There is also the GOT (Global offset table) which stores offsets of global variables. To me, this just looks like an IAT fixup table, which is classified as position dependent by wikipedia and a few other sources.

http://en.wikipedia.org/wiki/Position_independent_code

It adds an indirection. With position independent code you have to load the address of your function and then jump to it. Normally the address of the function is already present in the instruction stream.

Also, virtual memory hardware in most modern processors (used by most modern OSes) means that lots of code (all user space apps, barring quirky use of mmap or the like) doesn't need to be position independent. Every program gets its own address space which it thinks starts at zero.
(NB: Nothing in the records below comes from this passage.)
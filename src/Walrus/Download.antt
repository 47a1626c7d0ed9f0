-- ===== src/Walrus/Download.antt =====
-- ChunkedDownloader.download and WalrusClient.download: packages/walrus-sdk/src/chunked-download.ts
-- and client.ts. The downloads of one batch run in the order of the batch.
pub mod Whole
use brine_vault.Base.{
  ℕ, zero, suc, ◌+◌, ltb, leb, if◌then◌else◌, Option, none, some, List, [], ◌∷◌, length, take, drop,
  replicate, Result, ok, err,
}
use brine_vault.Walrus.Retry.{WalrusError}
use brine_vault.Walrus.Chunks.{reassemble}
use brine_vault.Walrus.Client.{
  Client, ChunkEntry, ChunkManifest, Progress, BlobRef, blob, manifest, started, chunk_done,
  chunk_failed, first_error, download_single_blob,
}

-- `sort((a, b) => a.index - b.index)`, which keeps the order of equal indices.
abbrev pub insert_chunk : ChunkEntry → List ChunkEntry → List ChunkEntry
insert_chunk c [] = c ∷ []
insert_chunk c (d ∷ ds) = if leb c.index d.index then c ∷ d ∷ ds else d ∷ insert_chunk c ds

unfoldable pub sort_chunks : List ChunkEntry → List ChunkEntry
sort_chunks [] = []
sort_chunks (c ∷ cs) = insert_chunk c (sort_chunks cs)

-- `downloaded[index] = data`: an index beyond the end makes the array longer, with holes.
unfoldable pub put_chunk : List (Option (List ℕ)) → ℕ → List ℕ → List (Option (List ℕ))
put_chunk [] zero data_ = some data_ ∷ []
put_chunk [] (suc i) data_ = none ∷ put_chunk [] i data_
put_chunk (d ∷ ds) zero data_ = some data_ ∷ ds
put_chunk (d ∷ ds) (suc i) data_ = d ∷ put_chunk ds i data_

-- The variables of a download, and the exception that rejects the current batch.
pub record Download (S : Type 0) : Type 0 where
  pub world : S
  pub progress : Progress
  pub downloaded : List (Option (List ℕ))
  pub failure : Option WalrusError

module _ {S : Type 0} where
  abbrev pub record_download : Download S → ℕ → Result WalrusError (List ℕ) × S → Download S
  record_download d i (ok data_, s) = record {
    world = s;
    progress = chunk_done d.progress;
    downloaded = put_chunk d.downloaded i data_;
    failure = d.failure;
  }
  record_download d i (err e, s) = record {
    world = s;
    progress = chunk_failed d.progress i;
    downloaded = d.downloaded;
    failure = first_error d.failure e;
  }

  unfoldable pub download_batch : Client S → List ChunkEntry → Download S → Download S
  download_batch c [] d = d
  download_batch c (chunk ∷ batch) d =
      download_batch c batch
        (record_download d chunk.index (download_single_blob c chunk.chunk_blob d.world))

  unfoldable pub download_from : ℕ → Client S → ℕ → List ChunkEntry → Download S → Download S
  download_from zero c i sorted d = d
  download_from (suc fuel) c i sorted d =
      let k = c.chunk_cfg.concurrency in
      let d' = download_batch c (take k (drop i sorted)) d in
      let rest = download_from fuel c (i + k) sorted d' in
      if ltb i (length sorted) then elim d'.failure [ none ↦ rest | some e ↦ d' ] else d

  unfoldable pub download_chunks : Client S → ChunkManifest → S → Result WalrusError (List ℕ) × S
  download_chunks c m s =
      let total = length m.chunks in
      let d = download_from total c 0 (sort_chunks m.chunks) (record {
        world = s;
        progress = started total;
        downloaded = replicate total none;
        failure = none;
      }) in
      elim d.failure [
        | some e ↦ (err e, d.world)
        | none ↦ (reassemble d.downloaded m.total_size, d.world)
      ]

  unfoldable pub download : Client S → BlobRef → S → Result WalrusError (List ℕ) × S
  download c (blob blob_id) s = download_single_blob c blob_id s
  download c (manifest m) s = download_chunks c m s
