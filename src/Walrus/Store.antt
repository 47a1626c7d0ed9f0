-- ===== src/Walrus/Store.antt =====
-- What a client of the storage network relies on: a blob that was stored stays and reads back.
-- The network is not part of packages/walrus-sdk/src; the laws are hypotheses on its requests.
use brine_vault.Base.{ℕ, suc, List, [], ◌∷◌, length, ok, ◌≡◌, refl, ap}
use brine_vault.Walrus.Client.{
  Client, ChunkEntry, UploadReply, upload_single_blob, download_single_blob,
}

-- `Kept w id x`: in the world `w` the blob `id` holds the bytes `x`.
pub record BlobStore {S : Type 0} (c : Client S) (epochs : ℕ) (Kept : S → ℕ → List ℕ → Type 0)
    : Type 0 where
  pub stored :
      (x : List ℕ) (before after : S) (reply : UploadReply)
      → upload_single_blob c x epochs before ≡ (ok reply, after)
      → Kept after reply.blob_id x
  pub upload_keeps :
      (x y : List ℕ) (id : ℕ) (before : S)
      → Kept before id y
      → Kept (upload_single_blob c x epochs before).1 id y
  pub reads :
      (x : List ℕ) (id : ℕ) (before : S)
      → Kept before id x
      → (download_single_blob c id before).0 ≡ ok x
  pub download_keeps :
      (y : List ℕ) (id other : ℕ) (before : S)
      → Kept before id y
      → Kept (download_single_blob c other before).1 id y

-- The entries from index `i` on name blobs that hold these chunks in this world.
abbrev pub Holds :
    {S : Type 0} → (S → ℕ → List ℕ → Type 0) → ℕ → List ChunkEntry → List (List ℕ) → S → Type 0
Holds Kept i [] [] w = Unit
Holds Kept i (e ∷ entries) (x ∷ chunks) w =
    (e.index ≡ i) × Kept w e.chunk_blob x × Holds Kept (suc i) entries chunks w
Holds Kept i [] (x ∷ chunks) w = ⊥
Holds Kept i (e ∷ entries) [] w = ⊥

pub length-Holds :
    {S : Type 0} (Kept : S → ℕ → List ℕ → Type 0) (i : ℕ) (entries : List ChunkEntry)
    (chunks : List (List ℕ)) (w : S)
    → Holds Kept i entries chunks w
    → length entries ≡ length chunks
length-Holds Kept i [] [] w h = refl
length-Holds Kept i (e ∷ entries) (x ∷ chunks) w h =
    ap suc (length-Holds Kept (suc i) entries chunks w h.2)
length-Holds Kept i [] (x ∷ chunks) w h = absurd h
length-Holds Kept i (e ∷ entries) [] w h = absurd h

-- What every blob keeps, the entries keep.
pub Holds-map :
    {S : Type 0} (Kept : S → ℕ → List ℕ → Type 0) (i : ℕ) (entries : List ChunkEntry)
    (chunks : List (List ℕ)) (w w' : S)
    → ((id : ℕ) (y : List ℕ) → Kept w id y → Kept w' id y)
    → Holds Kept i entries chunks w
    → Holds Kept i entries chunks w'
Holds-map Kept i [] [] w w' keep h = tt
Holds-map Kept i (e ∷ entries) (x ∷ chunks) w w' keep h =
    (h.0, keep e.chunk_blob x h.1, Holds-map Kept (suc i) entries chunks w w' keep h.2)
Holds-map Kept i [] (x ∷ chunks) w w' keep h = absurd h
Holds-map Kept i (e ∷ entries) [] w w' keep h = absurd h
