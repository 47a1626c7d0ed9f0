-- ===== src/Walrus/Pieces.antt =====
-- Lists of chunks: what the transfers of packages/walrus-sdk/src do to them.
use brine_vault.Base.{
  ℕ, zero, suc, ◌+◌, ◌≤◌, List, [], ◌∷◌, ◌++◌, length, take, drop, replicate, set, ◌≡◌, refl, sym,
  ap, ◌∙◌, arith,
}
use brine_vault.Walrus.Client.{ChunkEntry, hole_entry}

pub set-append :
    (done : List ChunkEntry) (n : ℕ) (e : ChunkEntry)
    → set (done ++ replicate (suc n) hole_entry) (length done) e
      ≡ (done ++ (e ∷ [])) ++ replicate n hole_entry
set-append [] n e = refl
set-append (d ∷ done) n e = ap (◌∷◌ d) (set-append done n e)

pub append_assoc : {A : Type 0} (xs ys zs : List A) → (xs ++ ys) ++ zs ≡ xs ++ (ys ++ zs)
append_assoc [] ys zs = refl
append_assoc (x ∷ xs) ys zs = ap (◌∷◌ x) (append_assoc xs ys zs)

pub append_nil : {A : Type 0} (xs : List A) → xs ++ [] ≡ xs
append_nil [] = refl
append_nil (x ∷ xs) = ap (◌∷◌ x) (append_nil xs)

pub drop_past : (n : ℕ) (xs : List (List ℕ)) → length xs ≤ n → drop n xs ≡ []
drop_past zero [] h = refl
drop_past (suc n) [] h = refl
drop_past zero (x ∷ xs) h = absurd (omega arith)
drop_past (suc n) (x ∷ xs) h = drop_past n xs (omega arith)

pub drop-drop : (i k : ℕ) (xs : List (List ℕ)) → drop k (drop i xs) ≡ drop (i + k) xs
drop-drop zero k xs = ap (λ n. drop n xs) (omega arith)
drop-drop (suc i) zero [] = sym (drop_past (suc i + 0) [] (omega arith))
drop-drop (suc i) (suc k) [] = sym (drop_past (suc i + suc k) [] (omega arith))
drop-drop (suc i) k (x ∷ xs) =
    let same : suc (i + k) ≡ suc i + k = omega arith in
    drop-drop i k xs ∙ ap (λ n. drop n (x ∷ xs)) same

pub take_all : (n : ℕ) (xs : List (List ℕ)) → length xs ≤ n → take n xs ≡ xs
take_all zero [] h = refl
take_all zero (x ∷ xs) h = absurd (omega arith)
take_all (suc n) [] h = refl
take_all (suc n) (x ∷ xs) h = ap (◌∷◌ x) (take_all n xs (omega arith))

take_nil : (n : ℕ) → take {A = List ℕ} n [] ≡ []
take_nil zero = refl
take_nil (suc n) = refl

pub take_more : (n k : ℕ) (xs : List (List ℕ)) → take n xs ++ take k (drop n xs) ≡ take (n + k) xs
take_more zero k xs = let same : k ≡ 0 + k = omega arith in ap (λ i. take i xs) same
take_more (suc n) k [] = take_nil k ∙ sym (take_nil (suc n + k))
take_more (suc n) k (x ∷ xs) =
    let same : suc (n + k) ≡ suc n + k = omega arith in
    ap (◌∷◌ x) (take_more n k xs) ∙ ap (λ i. take i (x ∷ xs)) same
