-- ===== src/Voice/Fuel.antt =====
-- The loop over the chunks ends within the fuel that it is given.
use wfchat.Base.{
  ℕ, zero, suc, ◌+◌, ◌*◌, ◌%◌, ◌≤◌, ◌<◌, ◌≡◌, refl, ◌∙◌, Option, none, some, length, arith, nat_eq,
}
use wfchat.Voice.{Bytes, slice, from_le_bytes, read_chunk, chunk_from}

module _ (bytes : Bytes) where
  -- A turn of the loop looks only further on.
  read_chunk-next :
      (index : ℕ) (next next' : ℕ → Option Bytes) (chunk_id size_bytes : Option Bytes)
      → ((i : ℕ) → index + 8 ≤ i → next i ≡ next' i)
      → read_chunk bytes index next chunk_id size_bytes
        ≡ read_chunk bytes index next' chunk_id size_bytes
  read_chunk-next index next next' none size_bytes h = refl
  read_chunk-next index next next' (some chunk_id) none h = refl
  read_chunk-next index next next' (some chunk_id) (some size_bytes) h =
      let size = from_le_bytes size_bytes in
      let same = h (index + 8 + size + size % 2) (omega arith) in rw same refl

  chunk_from-suc :
      (fuel index : ℕ)
      → length bytes < index + 8 * suc fuel
      → chunk_from (suc fuel) bytes index ≡ chunk_from fuel bytes index
  unfolding chunk_from
  chunk_from-suc zero index lt = ground (arith, lt)
  chunk_from-suc (suc fuel) index lt =
      rw
        (read_chunk-next index (chunk_from (suc fuel) bytes) (chunk_from fuel bytes)
          (slice bytes index (index + 4)) (slice bytes (index + 4) (index + 8))
          (λ i le. chunk_from-suc fuel i (omega (arith, lt, le))))
        refl

  -- More fuel than `wav_data_chunk` gives changes nothing: the loop has ended by then, on any bytes.
  pub chunk_from-wav_data_chunk :
      (more : ℕ) → chunk_from (length bytes + more) bytes 12 ≡ chunk_from (length bytes) bytes 12
  chunk_from-wav_data_chunk zero =
      let e : length bytes + 0 ≡ length bytes = omega arith in rw e refl
  chunk_from-wav_data_chunk (suc more) =
      let e : length bytes + suc more ≡ suc (length bytes + more) = omega arith in
      rw e (chunk_from-suc (length bytes + more) 12 (omega arith) ∙ chunk_from-wav_data_chunk more)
In addition to the accepted answer. One thing that hurts PIC code performance a lot is the lack of "IP relative addressing" on x86. With "IP relative addressing" you could ask for data that is X bytes from the current instruction pointer. This would make PIC code a lot simpler.

Jumps and calls, are usually EIP relative, so those don't really pose a problem. However, accessing data will require a little extra trickery. Sometimes, a register will be temporarily reserved as a "base pointer" to data that the code requires. For example, a common technique is to abuse the way calls work on x86:

call label_1
.dd 0xdeadbeef
.dd 0xfeedf00d
.dd 0x11223344
label_1:
pop ebp            ; now ebp holds the address of the first dataword
; this works because the call pushes the **next**
; instructions address
; real code follows
mov eax, [ebp + 4] ; for example i'm accessing the '0xfeedf00d' in a PIC way

This and other techniques add a layer of indirection to the data accesses. For example, the GOT (Global offset table) used by gcc compilers.

x86-64 added a "RIP relative" mode which makes things a lot simpler.

Because implementing completely position independent code adds a constraint to the code generator which can prevent the use of faster operations, or add extra steps to preserve that constraint.

This might be an acceptable trade-off to get multiprocessing without a virtual memory system, where you trust processes to not invade each other's memory and might need to load a particular application at any base address.

In many modern systems the performance trade-offs are different, and a relocating loader is often less expensive (it costs any time code is first loaded) than the best an optimizer can do if it has free reign. Also, the availability of virtual address spaces hides most of the motivation for position independence in the first place.

position-independent code has a performance overhead on most architecture, because it requires an extra register.

So, this is for performance purpose.

Nowadays operating system and compiler by default make all the code as position independent code. Try compiling without the -fPIC flag, the code will compile fine but you will just get a warning.OS's like windows use a technique called as memory mapping to achieve this.